Understanding Coal Interactions in Coking Blends

• A tool that could accurately define the carrying capacity of a coal was not produced. In this regard, the program was unsuccessful. However, the program did provide sufficient information that would allow development of this tool in the future using different breeze parameters.
• The program was not able to demonstrate that the transfer of plasticising material played a major role in improving the quality of blended coals. Rather, the data indicated that synergistic effects were improving the quality of the blends.

Carrying Capacity
The findings were:

• In this program, some coals were found to have carrying capacity.
• Only a small sub-set of coals exhibited ability to carry the inert material at 10% coke breeze substitution. Should this experimentation be revisited, substitution rates on 0%, 3%, 6%, 9% and 12% would provide better resolution of the effect.
• Ideally, a finer coke breeze would be used (<100µm).
• The carrying capacity varied depending on whether a volume breakage or abrasion index was examined. Coals can carry more coke breeze, without deterioration in volume breakage values, compared to abrasion resistance values.
• The ability of a coal to carry inert substances appears to vary from rank to rank with lower rank, higher volatile coals having superior carrying capacity. However, with only 4 samples examined this may simply be a function of the coals examined.
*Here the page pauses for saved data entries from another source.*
-- ===== src/Rebuild/Highest.antt =====
-- contracts/src/event-rebuild.ts, `for (const e of events) applyMapEvent(e, …)`: the values of the maps
-- after the loop.
use mina_guard.Base.{
  ℕ, String, ◌≡◌, ◌≤◌, subst, ok-injective, err≢ok, false≢true, Bool, true, false, List, [], ◌∷◌,
  ◌++◌, In, SameMembers, any, ◌||◌, ok, err, if◌then◌else◌, Result-cases, inl, inr, refl, ◌∙◌, sym,
  ap, arith,
}
use mina_guard.Platform.{Field, Platform}
use mina_guard.Platform.Maps.{MerkleMaps, MapLaws, Numerals}
use mina_guard.Storage.Maps.{ApprovalStore, VoteNullifierStore, get_count}
use mina_guard.Storage.Maps.Counts.{Tracked}
use mina_guard.Rebuild.{IndexedEvent, TextReader, apply_map_event, apply_map_events}
use mina_guard.Rebuild.Levels.{
  Effect, larger, effect, level, marks_key, raise_by, mark_by, apply_map_event-effect,
  get_count-raise_by, get-mark_by, mark_by-Tracked,
}

larger_assoc : (a b c : ℕ) → larger (larger a b) c ≡ larger a (larger b c)
larger_assoc a b c = ground arith

chosen_twice :
    (p q : Bool) (x : ℕ) → (if q then 1 else if p then 1 else x) ≡ (if p || q then 1 else x)
chosen_twice p q x = ground arith

module _ ⦃o : Platform⦄ ⦃n : Numerals⦄ ⦃r : TextReader⦄ where
  abbrev pub event_level : IndexedEvent → Field → ℕ
  event_level e k = elim (effect e) [ err _ ↦ 0 | ok f ↦ level f k ]

  abbrev pub event_marks : Field → IndexedEvent → Bool
  event_marks k e = elim (effect e) [ err _ ↦ false | ok f ↦ marks_key f k ]

  abbrev pub is_unreadable : IndexedEvent → Bool
  is_unreadable e = elim (effect e) [ err _ ↦ true | ok f ↦ false ]

  pub is_unreadable-ok : (e : IndexedEvent) (f : Effect) → effect e ≡ ok f → is_unreadable e ≡ false
  is_unreadable-ok e f read = rw (is_unreadable, read) refl

  pub event_level-ok :
      (e : IndexedEvent) (f : Effect) (k : Field) → effect e ≡ ok f → event_level e k ≡ level f k
  event_level-ok e f k read = rw (event_level, read) refl

  pub event_marks-ok :
      (e : IndexedEvent) (f : Effect) (k : Field)
      → effect e ≡ ok f
      → event_marks k e ≡ marks_key f k
  event_marks-ok e f k read = rw (event_marks, read) refl

  -- The largest value that the events raise a count to.
  abbrev pub highest : List IndexedEvent → Field → ℕ
  highest [] k = 0
  highest (e ∷ events) k = larger (event_level e k) (highest events k)

  pub highest-append :
      (xs ys : List IndexedEvent) (k : Field)
      → highest (xs ++ ys) k ≡ larger (highest xs k) (highest ys k)
  highest-append [] ys k = ground arith
  highest-append (x ∷ xs) ys k = ground (arith, highest-append xs ys k)

  le-highest :
      (e : IndexedEvent) (xs : List IndexedEvent) (k : Field)
      → In e xs
      → event_level e k ≤ highest xs k
  le-highest e [] k i = elim i [ ]
  le-highest e (x ∷ xs) k (inl same) = let level_eq = ap (λ y. event_level y k) same in ground arith
  le-highest e (x ∷ xs) k (inr i) = let later = le-highest e xs k i in ground arith

  highest-le :
      (xs : List IndexedEvent) (k : Field) (bound : ℕ)
      → ((e : IndexedEvent) → In e xs → event_level e k ≤ bound)
      → highest xs k ≤ bound
  highest-le [] k bound below = omega arith
  highest-le (x ∷ xs) k bound below =
      let here = below x (inl refl) in
      let later = highest-le xs k bound (λ e i. below e (inr i)) in ground arith

  pub highest-SameMembers :
      (xs ys : List IndexedEvent) (k : Field) → SameMembers xs ys → highest xs k ≡ highest ys k
  highest-SameMembers xs ys k same =
      let up = highest-le xs k (highest ys k) (λ e i. le-highest e ys k ((same e).0 i)) in
      let down = highest-le ys k (highest xs k) (λ e i. le-highest e xs k ((same e).1 i)) in
      omega arith

  module _ {Map : Type 0} ⦃m : MerkleMaps Map⦄ where
    apply_map_event-ok :
        (e : IndexedEvent) (a : ApprovalStore Map) (v : VoteNullifierStore Map) (f : Effect)
        → effect e ≡ ok f
        → apply_map_event e a v ≡ ok (raise_by f.raises a, mark_by f.marks v)
    apply_map_event-ok e a v f read = rw (apply_map_event-effect e a v, read) refl

    -- What the loop does to both maps: it throws on an event that cannot be read, and nothing else.
    pub record Rebuilt (events : List IndexedEvent) (a a' : ApprovalStore Map)
        (v v' : VoteNullifierStore Map) : Type 0 where
      pub readable : any is_unreadable events ≡ false
      pub counts : (k : Field) → get_count a' k ≡ larger (get_count a k) (highest events k)
      pub tracked : Tracked v'
      pub votes :
          (k : Field) → m.get v'.map k ≡ (if any (event_marks k) events then 1 else m.get v.map k)

    module _ (laws : MapLaws m) where
      pub apply_map_events-cons :
          (e : IndexedEvent) (events : List IndexedEvent) (a : ApprovalStore Map)
          (v : VoteNullifierStore Map) (f : Effect)
          → effect e ≡ ok f
          → apply_map_events (e ∷ events) a v
            ≡ apply_map_events events (raise_by f.raises a) (mark_by f.marks v)
      unfolding apply_map_events
      apply_map_events-cons e events a v f read = rw (apply_map_event-ok e a v f read) refl

      pub apply_map_events-failed :
          (e : IndexedEvent) (events : List IndexedEvent) (a : ApprovalStore Map)
          (v : VoteNullifierStore Map) (message : String)
          → effect e ≡ err message
          → apply_map_events (e ∷ events) a v ≡ err message
      unfolding apply_map_events
      apply_map_events-failed e events a v message failed =
          rw (apply_map_event-effect e a v, failed) refl

      nothing-Rebuilt :
          (a : ApprovalStore Map) (v : VoteNullifierStore Map) → Tracked v → Rebuilt [] a a v v
      nothing-Rebuilt a v tracked = record {
        readable = refl;
        counts = λ k. ground arith;
        tracked = tracked;
        votes = λ k. refl;
      }

      pub apply_map_events-nil :
          (a : ApprovalStore Map) (v : VoteNullifierStore Map) → apply_map_events [] a v ≡ ok (a, v)
      unfolding apply_map_events
      apply_map_events-nil a v = refl

      pub apply_map_events-Rebuilt :
          (events : List IndexedEvent) (a a' : ApprovalStore Map) (v v' : VoteNullifierStore Map)
          → Tracked v
          → apply_map_events events a v ≡ ok (a', v')
          → Rebuilt events a a' v v'
      apply_map_events-Rebuilt [] a a' v v' tracked h =
          subst (λ (p : ApprovalStore Map × VoteNullifierStore Map). Rebuilt [] a p.0 v p.1)
            (ok-injective (sym (apply_map_events-nil a v) ∙ h)) (nothing-Rebuilt a v tracked)
      apply_map_events-Rebuilt (e ∷ events) a a' v v' tracked h = elim (Result-cases (effect e)) [
        | inl (message, failed) ↦
            absurd (err≢ok (sym (apply_map_events-failed e events a v message failed) ∙ h))
        | inr (f, read) ↦
            let raised = raise_by f.raises a in
            let marked = mark_by f.marks v in
            let rest =
              apply_map_events-Rebuilt events raised a' marked v' (mark_by-Tracked laws f v tracked)
                (sym (apply_map_events-cons e events a v f read) ∙ h) in
            record {
              readable =
                  ap (λ b. b || any is_unreadable events) (is_unreadable-ok e f read)
                  ∙ rest.readable;
              counts = λ k.
                  rest.counts k
                  ∙ rw (get_count-raise_by laws f a k, event_level-ok e f k read)
                      (larger_assoc (get_count a k) (level f k) (highest events k));
              tracked = rest.tracked;
              votes = λ k.
                  rest.votes k
                  ∙ rw (get-mark_by laws f v k tracked, event_marks-ok e f k read)
                      (chosen_twice (marks_key f k) (any (event_marks k) events) (m.get v.map k));
            }
      ]

      pub apply_map_events-total :
          (events : List IndexedEvent) (a : ApprovalStore Map) (v : VoteNullifierStore Map)
          → any is_unreadable events ≡ false
          → (a' : ApprovalStore Map) × (v' : VoteNullifierStore Map) × (apply_map_events events a v
              ≡ ok (a', v'))
      apply_map_events-total [] a v h = (a, v, apply_map_events-nil a v)
      apply_map_events-total (e ∷ events) a v h = elim (Result-cases (effect e)) [
        | inl (message, failed) ↦ absurd (false≢true (sym h ∙ rw (is_unreadable, failed) refl))
        | inr (f, read) ↦
            let (a', v', done) =
              apply_map_events-total events (raise_by f.raises a) (mark_by f.marks v)
                (rw (← h, is_unreadable, read) refl) in
            (a', v', apply_map_events-cons e events a v f read ∙ done)
      ]
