-- ===== src/Rebuild/Order.antt =====
-- contracts/src/event-rebuild.ts, `rebuildStores`: the order in which the events are applied, and the
-- maps that result.
use mina_guard.Base.{
  ℕ, ◌≡◌, some, List, [], ◌∷◌, ◌++◌, In, SameMembers, In-append_left, In-append_right, In-append,
  In-filter, mem_of_filter, filter, ◌==◌, ltb, Bool-cases, Option-cases, inl, inr, refl, ◌∙◌, sym,
  ap, ==-refl, ==_iff,
}
use mina_guard.Rebuild.{IndexedEvent}
use mina_guard.Rebuild.Stores.{is_unplaced, is_in_block, insert_height, block_heights}

abbrev pub blocks_of : List IndexedEvent → List ℕ → List IndexedEvent
blocks_of events [] = []
blocks_of events (h ∷ heights) = filter (is_in_block h) events ++ blocks_of events heights

-- The events in the order in which they are applied.
abbrev pub replay_order : List IndexedEvent → List IndexedEvent
replay_order events = filter is_unplaced events ++ blocks_of events (block_heights events)

In-insert_height : (h : ℕ) (heights : List ℕ) → In h (insert_height h heights)
In-insert_height h [] = inl refl
In-insert_height h (x ∷ xs) = elim (Bool-cases (ltb h x)) [
  | inl before ↦ rw (insert_height, before) (inl refl)
  | inr after ↦ elim (Bool-cases (h == x)) [
    | inl same ↦ rw (insert_height, after, same) (inl ((==_iff h x).0 same))
    | inr other ↦ rw (insert_height, after, other) (inr (In-insert_height h xs))
  ]
]

In-insert_height_kept : (h k : ℕ) (heights : List ℕ) → In k heights → In k (insert_height h heights)
In-insert_height_kept h k [] i = elim i [ ]
In-insert_height_kept h k (x ∷ xs) i = elim (Bool-cases (ltb h x)) [
  | inl before ↦ rw (insert_height, before) (inr i)
  | inr after ↦ elim (Bool-cases (h == x)) [
    | inl same ↦ rw (insert_height, after, same) i
    | inr other ↦
        rw (insert_height, after, other)
          (elim i [ inl here ↦ inl here | inr later ↦ inr (In-insert_height_kept h k xs later) ])
  ]
]

In-block_heights :
    (e : IndexedEvent) (h : ℕ) (events : List IndexedEvent)
    → In e events
    → e.block_height ≡ some h
    → In h (block_heights events)
In-block_heights e h [] i placed = elim i [ ]
In-block_heights e h (x ∷ xs) (inl same) placed =
    rw (block_heights, ap (λ y. y.block_height) (sym same) ∙ placed)
      (In-insert_height h (block_heights xs))
In-block_heights e h (x ∷ xs) (inr i) placed = elim (Option-cases x.block_height) [
  | inl unplaced ↦ rw (block_heights, unplaced) (In-block_heights e h xs i placed)
  | inr (k, there) ↦
      rw (block_heights, there)
        (In-insert_height_kept k h (block_heights xs) (In-block_heights e h xs i placed))
]

In-blocks_of :
    (e : IndexedEvent) (h : ℕ) (events : List IndexedEvent) (heights : List ℕ)
    → In e events
    → e.block_height ≡ some h
    → In h heights
    → In e (blocks_of events heights)
In-blocks_of e h events [] i placed there = elim there [ ]
In-blocks_of e h events (k ∷ ks) i placed (inl here) =
    In-append_left e _ (blocks_of events ks)
      (In-filter (is_in_block k) e events i (rw (placed, here) (==-refl k)))
In-blocks_of e h events (k ∷ ks) i placed (inr later) =
    In-append_right e (filter (is_in_block k) events) _ (In-blocks_of e h events ks i placed later)

mem_of_blocks_of :
    (e : IndexedEvent) (events : List IndexedEvent) (heights : List ℕ)
    → In e (blocks_of events heights)
    → In e events
mem_of_blocks_of e events [] i = elim i [ ]
mem_of_blocks_of e events (h ∷ hs) i =
    elim (In-append e (filter (is_in_block h) events) (blocks_of events hs) i) [
      | inl here ↦ mem_of_filter (is_in_block h) e events here
      | inr later ↦ mem_of_blocks_of e events hs later
    ]

-- No event is lost or made up.
pub replay_order-SameMembers :
    (events : List IndexedEvent) → SameMembers events (replay_order events)
replay_order-SameMembers events e = (kept, known)
  where
    kept : In e events → In e (replay_order events)
    kept i = elim (Option-cases e.block_height) [
      | inl unplaced ↦
          In-append_left e (filter is_unplaced events) _
            (In-filter is_unplaced e events i (rw unplaced refl))
      | inr (h, placed) ↦ In-append_right e (filter is_unplaced events) _ (
          In-blocks_of e h events (block_heights events) i placed
            (In-block_heights e h events i placed))
    ]

    known : In e (replay_order events) → In e events
    known i = elim (In-append e (filter is_unplaced events) _ i) [
      | inl unplaced ↦ mem_of_filter is_unplaced e events unplaced
      | inr placed ↦ mem_of_blocks_of e events (block_heights events) placed
    ]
Transfer of Plasticising Material
The findings were:

• In the boundaries between fusible coke components, there is some evidence for modification of the coke’s fused carbon domain sizes, which has been suggested to be a response to hydrogen transfer. This type of bonding was of the order of only a few microns thick.
• There was no evidence for a more pervasive textural alteration of the coke. Wider transition zones are considered to be a function of the angle of intersection of the transition zone with the surface of the petrographic block.
• Blending coals of differing rank produced coke indices that were superior to that which would be expected based on computation of the results obtained from coke quality of the end members.
• No compelling evidence was found to suggest a significant role for the modified interface bonding mechanism (or transfer of plasticising material) in improving the coke quality of blends. An adhesion-type bonding mechanism was considered to be more common.
• The blend coke quality outcomes that were superior could be explained by a combination of mechanisms where the two components acted in a complimentary manner to minimise the limitations of each individual component.